Records for this task Block Start
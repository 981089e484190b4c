-- ===== src/Database/Pedestrians.antt =====
-- The columns of TC_PEDCOUNT: a pedestrian count is inserted under other names than it is read by.
use starnext_import.Database.Rows.{bind, column, inserted, read_pedestrian}
use starnext_import.Database.Tables.{pedestrian_table}
use starnext_import.External.Chrono.{Chrono}
use starnext_import.External.Float.{Float}
use starnext_import.External.Oracle.{Oracle, OracleLaws}
use starnext_import.Prelude.Text.{Text, codes, text_eq, text_eq_iff}
use starnext_import.Prelude.{
  ◌<◌, ◌≡◌, ◌≢◌, refl, List, [], ◌∷◌, map, Outcome, err, u16_mod, u32_mod, All, Bool-cases, inl,
  inr,
}
use starnext_import.Records.{FifteenMinutePedestrian}

module _ ⦃c : Chrono⦄ ⦃f : Float⦄ {o : Oracle c f} (laws : OracleLaws o) where
  column-others :
      {A : Type 0} (others : List Text) (name : Text) (read : o.SqlValue → Outcome o.OracleError A)
      → All (λ n. n ≢ name) others
      → column o (map (λ n. (n, o.null)) others) name read ≡ err (o.invalid_column_name name)
  unfolding column
  column-others [] name read h = refl
  column-others (n ∷ others) name read h = elim (Bool-cases (text_eq n name)) [
    | inl same ↦ absurd (h.0 ((text_eq_iff n name).0 same))
    | inr other ↦ rw other (column-others others name read h.1)
  ]

  -- If the table has no column INCOUNT besides those of the insert statement, a pedestrian count that
  -- is inserted cannot be read: the volumes are inserted as "IN" and "OUT", and read as INCOUNT and
  -- OUTCOUNT.
  pub read_pedestrian-inserted :
      (others : List Text) (v : FifteenMinutePedestrian)
      → v.recordnum < u32_mod
      → v.total < u16_mod
      → All (λ n. n ≢ codes "incount") others
      → read_pedestrian o (inserted o (pedestrian_table o) others v)
        ≡ err (o.invalid_column_name (codes "incount"))
  unfolding read_pedestrian bind column text_eq
  read_pedestrian-inserted others v recordnum-lt total-lt h =
      rw
        (
          laws.as_u32-of_u32 v.recordnum recordnum-lt,
          laws.as_date-of_date v.date,
          laws.as_datetime-of_datetime v.time,
          laws.as_u16-of_u16 v.total total-lt,
          column-others others (codes "incount") _ h,
        )
        refl
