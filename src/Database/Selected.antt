-- ===== src/Database/Selected.antt =====
-- What `select` of src/db/crud.rs gives for the rows of inserted counts.
use starnext_import.Database.Rows.{Row, inserted}
use starnext_import.Database.Session.{SessionLaws}
use starnext_import.Database.Tables.{Crud}
use starnext_import.External.Chrono.{Chrono}
use starnext_import.External.Connection.{Connection}
use starnext_import.External.Float.{Float}
use starnext_import.External.Oracle.{Oracle}
use mathlib.Core.List.{Permᴰ}
use starnext_import.Prelude.{List, ◌≡◌, Outcome, ok}

module _ ⦃c : Chrono⦄ ⦃f : Float⦄ {o : Oracle c f} {conn : Connection o} (laws : SessionLaws conn)
    {A : Type 0} (table : Crud o.SqlValue A) (read : Row o → Outcome o.OracleError A) where
  -- The row of a count is read as the count.
  abbrev pub IsReadBack : A → Type 0
  IsReadBack v = read (inserted o table (laws.others table.count_table) v) ≡ ok v
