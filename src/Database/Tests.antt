-- ===== src/Database/Tests.antt =====
-- A count of each shape in a database with room for two rows in a table.
use mathlib.Core.List.{List}
use starnext_import.Database.Hours.{read_volume-inserted}
use starnext_import.Database.Memory.{Tables}
use starnext_import.Database.Pedestrians.{read_pedestrian-inserted}
use starnext_import.Database.RoundTrip.{read_class-inserted}
use starnext_import.Database.Rows.{inserted, read_class, read_pedestrian, read_volume}
use starnext_import.Database.Tables.{bicycle_table, class_table, pedestrian_table, volume_table}
use starnext_import.Denormalize.Volume.{NonNormalVolCount}
use starnext_import.External.Instances.{calendar, hundredths}
use starnext_import.External.Memory.{memory, memory_laws, no_column}
use starnext_import.Prelude.Text.{codes}
use starnext_import.Prelude.{◌≡◌, refl, [], ◌∷◌, none, some, ok, err, arith}
use starnext_import.Records.{
  FifteenMinuteBicycle, FifteenMinutePedestrian, TimeBinnedVehicleClassCount,
}
use starnext_import.Types.Direction.{LaneDirection}

abbrev one_class : TimeBinnedVehicleClassCount
one_class = record {
  date = 0;
  time = (0, (0, omega arith));
  lane = some 1;
  recordnum = 7;
  direction = some LaneDirection.east;
  c1 = 0;
  c2 = 5;
  c3 = 0;
  c4 = 0;
  c5 = 0;
  c6 = 0;
  c7 = 0;
  c8 = 0;
  c9 = 0;
  c10 = 0;
  c11 = 0;
  c12 = 0;
  c13 = 0;
  c15 = some 1;
  total = 6;
}

class_read_back :
    read_class memory (inserted memory (class_table memory) [] one_class) ≡ ok one_class
class_read_back = read_class-inserted memory_laws [] one_class (record {
  recordnum-lt = omega arith;
  lane-Fits = omega arith;
  total-lt = omega arith;
  c15-Fits = omega arith;
  words = (
    omega arith,
    (
      omega arith,
      (
        omega arith,
        (
          omega arith,
          (
            omega arith,
            (
              omega arith,
              (
                omega arith,
                (
                  omega arith,
                  (omega arith, (omega arith, (omega arith, (omega arith, (omega arith, tt))))),
                ),
              ),
            ),
          ),
        ),
      ),
    ),
  );
})

abbrev one_day : NonNormalVolCount
one_day = record {
  recordnum = 7;
  date = 0;
  direction = some LaneDirection.east;
  lane = some 1;
  setflag = none;
  totalcount = some 24;
  hours = record {
    am12 = some 1;
    am1 = some 1;
    am2 = some 1;
    am3 = some 1;
    am4 = some 1;
    am5 = some 1;
    am6 = some 1;
    am7 = some 1;
    am8 = some 1;
    am9 = some 1;
    am10 = some 1;
    am11 = some 1;
    pm12 = some 1;
    pm1 = some 1;
    pm2 = some 1;
    pm3 = some 1;
    pm4 = some 1;
    pm5 = some 1;
    pm6 = some 1;
    pm7 = some 1;
    pm8 = some 1;
    pm9 = some 1;
    pm10 = some 1;
    pm11 = some 1;
  };
}

day_read_back :
    read_volume memory (inserted memory (volume_table memory) (codes "setflag" ∷ []) one_day)
    ≡ ok one_day
day_read_back = read_volume-inserted memory_laws [] one_day (record {
  recordnum-lt = omega arith;
  lane-Fits = omega arith;
  totalcount-Fits = omega arith;
  setflag-none = refl;
  hours-Fit = (
    omega arith,
    (
      omega arith,
      (
        omega arith,
        (
          omega arith,
          (
            omega arith,
            (
              omega arith,
              (
                omega arith,
                (
                  omega arith,
                  (
                    omega arith,
                    (
                      omega arith,
                      (
                        omega arith,
                        (
                          omega arith,
                          (
                            omega arith,
                            (
                              omega arith,
                              (
                                omega arith,
                                (
                                  omega arith,
                                  (
                                    omega arith,
                                    (
                                      omega arith,
                                      (
                                        omega arith,
                                        (
                                          omega arith,
                                          (
                                            omega arith,
                                            (omega arith, (omega arith, (omega arith, tt))),
                                          ),
                                        ),
                                      ),
                                    ),
                                  ),
                                ),
                              ),
                            ),
                          ),
                        ),
                      ),
                    ),
                  ),
                ),
              ),
            ),
          ),
        ),
      ),
    ),
  );
})

abbrev walkers : FifteenMinutePedestrian
walkers = record {
  recordnum = 7;
  date = 0;
  time = (0, (0, omega arith));
  total = 3;
  indir = some 1;
  outdir = some 2;
}

walkers_unread :
    read_pedestrian memory (inserted memory (pedestrian_table memory) [] walkers)
    ≡ err (no_column (codes "incount"))
walkers_unread = read_pedestrian-inserted memory_laws [] walkers (omega arith) (omega arith) tt

abbrev riders : FifteenMinuteBicycle
riders = record {
  recordnum = 7;
  date = 0;
  time = (0, (0, omega arith));
  total = 3;
  indir = some 1;
  outdir = some 2;
}

abbrev with_riders : Tables
with_riders = record {
  session = λ t. inserted memory (bicycle_table memory) [] riders ∷ [];
  stored = λ t. inserted memory (bicycle_table memory) [] riders ∷ [];
  room = some 2;
}
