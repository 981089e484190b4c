-- ===== src/Denormalize.antt =====
-- src/denormalize.rs and the values of src/intermediate.rs that it gathers: counts and speeds in the
-- shape of a table with a field for each hour.
pub mod Keys
pub mod Volume
pub mod Speed
pub mod Numbers
mod Tests
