-- ===== src/Denormalize/Numbers.antt =====
-- The record number of the rows of src/denormalize.rs.
use starnext_import.Denormalize.Keys.{NonNormalCountKey, key_eq}
use starnext_import.Denormalize.Speed.{
  Block, NonNormalAvgSpeedValue, NonNormalRawSpeedValue, average_hour, average_hours, average_row,
  average_speeds, avg_first, blocks, create_non_normal_speedavg_count, gather_speeds, mean,
  speed_key,
}
use starnext_import.Denormalize.Volume.{
  HourRow, HourlyCount, NonNormalVolCountValue, count_key, denormalize_vol_count, first,
  gather_volumes, hourly_count, hourly_counts, insert, volume_row,
}
use starnext_import.External.Chrono.{Chrono}
use starnext_import.External.Float.{Float}
use starnext_import.FieldMetadata.{FieldMetadata}
use starnext_import.Prelude.HashMap.{HashMap, upsert, upsert-All}
use starnext_import.Prelude.Text.{Text}
use starnext_import.Prelude.{
  ℕ, ◌≡◌, refl, List, [], ◌∷◌, map, inl, inr, some, Option-cases, Outcome, ok, map_err, unwrap_ok,
  fold_loop, All, All-map, All-snoc, Gives, Gives->>=, Gives-then, Gives-fold_loop,
}
use starnext_import.Records.{IndividualVehicle}
use starnext_import.SpeedClass.{lane_direction}
use starnext_import.Types.Direction.Lane
use starnext_import.Types.Errors.{CountError, db_error, oracle_error}

module _ ⦃c : Chrono⦄ where
  -- Every key of a map has the record number.
  abbrev KeysOf : {V : Type 0} → ℕ → HashMap NonNormalCountKey V → Type 0
  KeysOf r m = All (λ e. e.0.recordnum ≡ r) m

  hourly_count-recordnum :
      (r : ℕ) (counts : List HourlyCount) (result : Outcome Text HourRow)
      → All (λ v. v.recordnum ≡ r) counts
      → Gives (All (λ v. v.recordnum ≡ r)) (hourly_count r counts result)
  unfolding hourly_count
  hourly_count-recordnum r counts result h =
      Gives->>= (All (λ v. v.recordnum ≡ r)) (map_err oracle_error result) _
        (λ (counttime, countdate, count, dir, lane) _.
          Gives->>= (All (λ v. v.recordnum ≡ r)) (unwrap_ok (Lane.from_str dir)) _
            (λ d _. All-snoc (λ v. v.recordnum ≡ r) counts _ h refl))

  hourly_counts-recordnum :
      (r : ℕ) (not_found : Text) (results : Outcome Text (List (Outcome Text HourRow)))
      → Gives (All (λ v. v.recordnum ≡ r)) (hourly_counts r not_found results)
  unfolding hourly_counts
  hourly_counts-recordnum r not_found results =
      Gives->>= (All (λ v. v.recordnum ≡ r)) (map_err (λ _. db_error not_found) results) _
        (λ results _.
          Gives-fold_loop (All (λ v. v.recordnum ≡ r)) (hourly_count r) (hourly_count-recordnum r)
            results [] tt)

  gather_volumes-KeysOf :
      (r : ℕ) (counts : List HourlyCount) (m : HashMap NonNormalCountKey NonNormalVolCountValue)
      → All (λ v. v.recordnum ≡ r) counts
      → KeysOf r m
      → KeysOf r (gather_volumes counts m)
  unfolding gather_volumes
  gather_volumes-KeysOf r [] m ks h = h
  gather_volumes-KeysOf r (count ∷ counts) m ks h = gather_volumes-KeysOf r counts _ ks.1 (
      upsert-All (λ e. e.0.recordnum ≡ r) (count_key count) (λ v. insert v count) (first count) m
        (λ j w p. p) ks.0 h)

  rows-recordnum :
      (r : ℕ) (counts : List HourlyCount)
      → All (λ v. v.recordnum ≡ r) counts
      → Gives {E = CountError} (All (λ v. v.recordnum ≡ r)) (elim counts [
        | [] ↦ ok []
        | count ∷ rest ↦ ok (map volume_row (gather_volumes (count ∷ rest) []))
      ])
  unfolding volume_row
  rows-recordnum r [] h = tt
  rows-recordnum r (count ∷ rest) h =
      All-map (λ v. v.recordnum ≡ r) volume_row (gather_volumes (count ∷ rest) [])
        (gather_volumes-KeysOf r (count ∷ rest) [] h tt)

  -- Every row has the record number that was asked for.
  pub denormalize_vol_count-recordnum :
      (r : ℕ) (not_found : Text) (results : Outcome Text (List (Outcome Text HourRow)))
      → Gives (All (λ v. v.recordnum ≡ r)) (denormalize_vol_count r not_found results)
  unfolding denormalize_vol_count
  denormalize_vol_count-recordnum r not_found results =
      Gives-then (All (λ v. v.recordnum ≡ r)) (All (λ v. v.recordnum ≡ r))
        (hourly_counts r not_found results) _ (hourly_counts-recordnum r not_found results)
        (rows-recordnum r)

module _ ⦃c : Chrono⦄ ⦃f : Float⦄ where
  gather_speeds-KeysOf :
      (m : FieldMetadata) (speeds : HashMap NonNormalCountKey NonNormalRawSpeedValue)
      (count : IndividualVehicle)
      → KeysOf m.recordnum speeds
      → Gives (KeysOf m.recordnum) (gather_speeds m speeds count)
  unfolding gather_speeds
  gather_speeds-KeysOf m speeds count h =
      Gives->>= (KeysOf m.recordnum) (lane_direction m.directions count.lane) _ (λ direction _.
        elim (Option-cases direction) [
          | inl e ↦ rw e h
          | inr (d, e) ↦ rw e (
              upsert-All (λ e. e.0.recordnum ≡ m.recordnum) (speed_key m d count) _ _ speeds
                (λ j w p. p) refl h)
        ])

  average_hour-KeysOf :
      (r : ℕ) (key : NonNormalCountKey) (value : NonNormalRawSpeedValue)
      (averages : HashMap NonNormalCountKey NonNormalAvgSpeedValue) (block : Block)
      → key.recordnum ≡ r
      → KeysOf r averages
      → KeysOf r (average_hour key value averages block)
  unfolding average_hour
  average_hour-KeysOf r key value averages (name, speeds, set) e h = hour (speeds value)
    where
      hour :
          (raw : List f.F32)
          → KeysOf r (elim raw [
            | [] ↦ averages
            | speed ∷ more ↦
                upsert key
                  (set (some (mean (speed ∷ more))))
                  (avg_first name (mean (speed ∷ more)))
                  averages
          ])
      hour [] = h
      hour (speed ∷ more) =
          upsert-All (λ e. e.0.recordnum ≡ r) key (set (some (mean (speed ∷ more))))
            (avg_first name (mean (speed ∷ more))) averages (λ j w p. p) e h

  average_hours-KeysOf :
      (r : ℕ) (key : NonNormalCountKey) (value : NonNormalRawSpeedValue) (rest : List Block)
      (averages : HashMap NonNormalCountKey NonNormalAvgSpeedValue)
      → key.recordnum ≡ r
      → KeysOf r averages
      → KeysOf r (average_hours key value rest averages)
  unfolding average_hours
  average_hours-KeysOf r key value [] averages e h = h
  average_hours-KeysOf r key value (block ∷ rest) averages e h =
      average_hours-KeysOf r key value rest _ e (average_hour-KeysOf r key value averages block e h)

  average_speeds-KeysOf :
      (r : ℕ) (speeds : HashMap NonNormalCountKey NonNormalRawSpeedValue)
      (averages : HashMap NonNormalCountKey NonNormalAvgSpeedValue)
      → KeysOf r speeds
      → KeysOf r averages
      → KeysOf r (average_speeds speeds averages)
  unfolding average_speeds
  average_speeds-KeysOf r [] averages ks h = h
  average_speeds-KeysOf r ((key, value) ∷ rest) averages ks h =
      average_speeds-KeysOf r rest _ ks.1 (average_hours-KeysOf r key value blocks averages ks.0 h)

  -- Every row has the record number of the metadata.
  pub create_non_normal_speedavg_count-recordnum :
      (m : FieldMetadata) (counts : List IndividualVehicle)
      → Gives (All (λ v. v.recordnum ≡ m.recordnum)) (create_non_normal_speedavg_count m counts)
  unfolding create_non_normal_speedavg_count average_row
  create_non_normal_speedavg_count-recordnum m counts =
      Gives-then (KeysOf m.recordnum) (All (λ v. v.recordnum ≡ m.recordnum))
        (fold_loop (gather_speeds m) counts []) _
        (Gives-fold_loop (KeysOf m.recordnum) (gather_speeds m) (gather_speeds-KeysOf m) counts []
          tt)
        (λ speeds h.
          All-map _ average_row (average_speeds speeds [])
            (average_speeds-KeysOf m.recordnum speeds [] h tt))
Records for this task Block End
● **What the task requires**:
Look above for every line with the word "cases" and copy it.

● **Result**:
  ◌<◌, ◌≡◌, ◌≢◌, refl, List, [], ◌∷◌, map, Outcome, err, u16_mod, u32_mod, All, Bool-cases, inl,
  column-others (n ∷ others) name read h = elim (Bool-cases (text_eq n name)) [
  ℕ, ◌≡◌, refl, List, [], ◌∷◌, map, inl, inr, some, Option-cases, Outcome, ok, map_err, unwrap_ok,
        elim (Option-cases direction) [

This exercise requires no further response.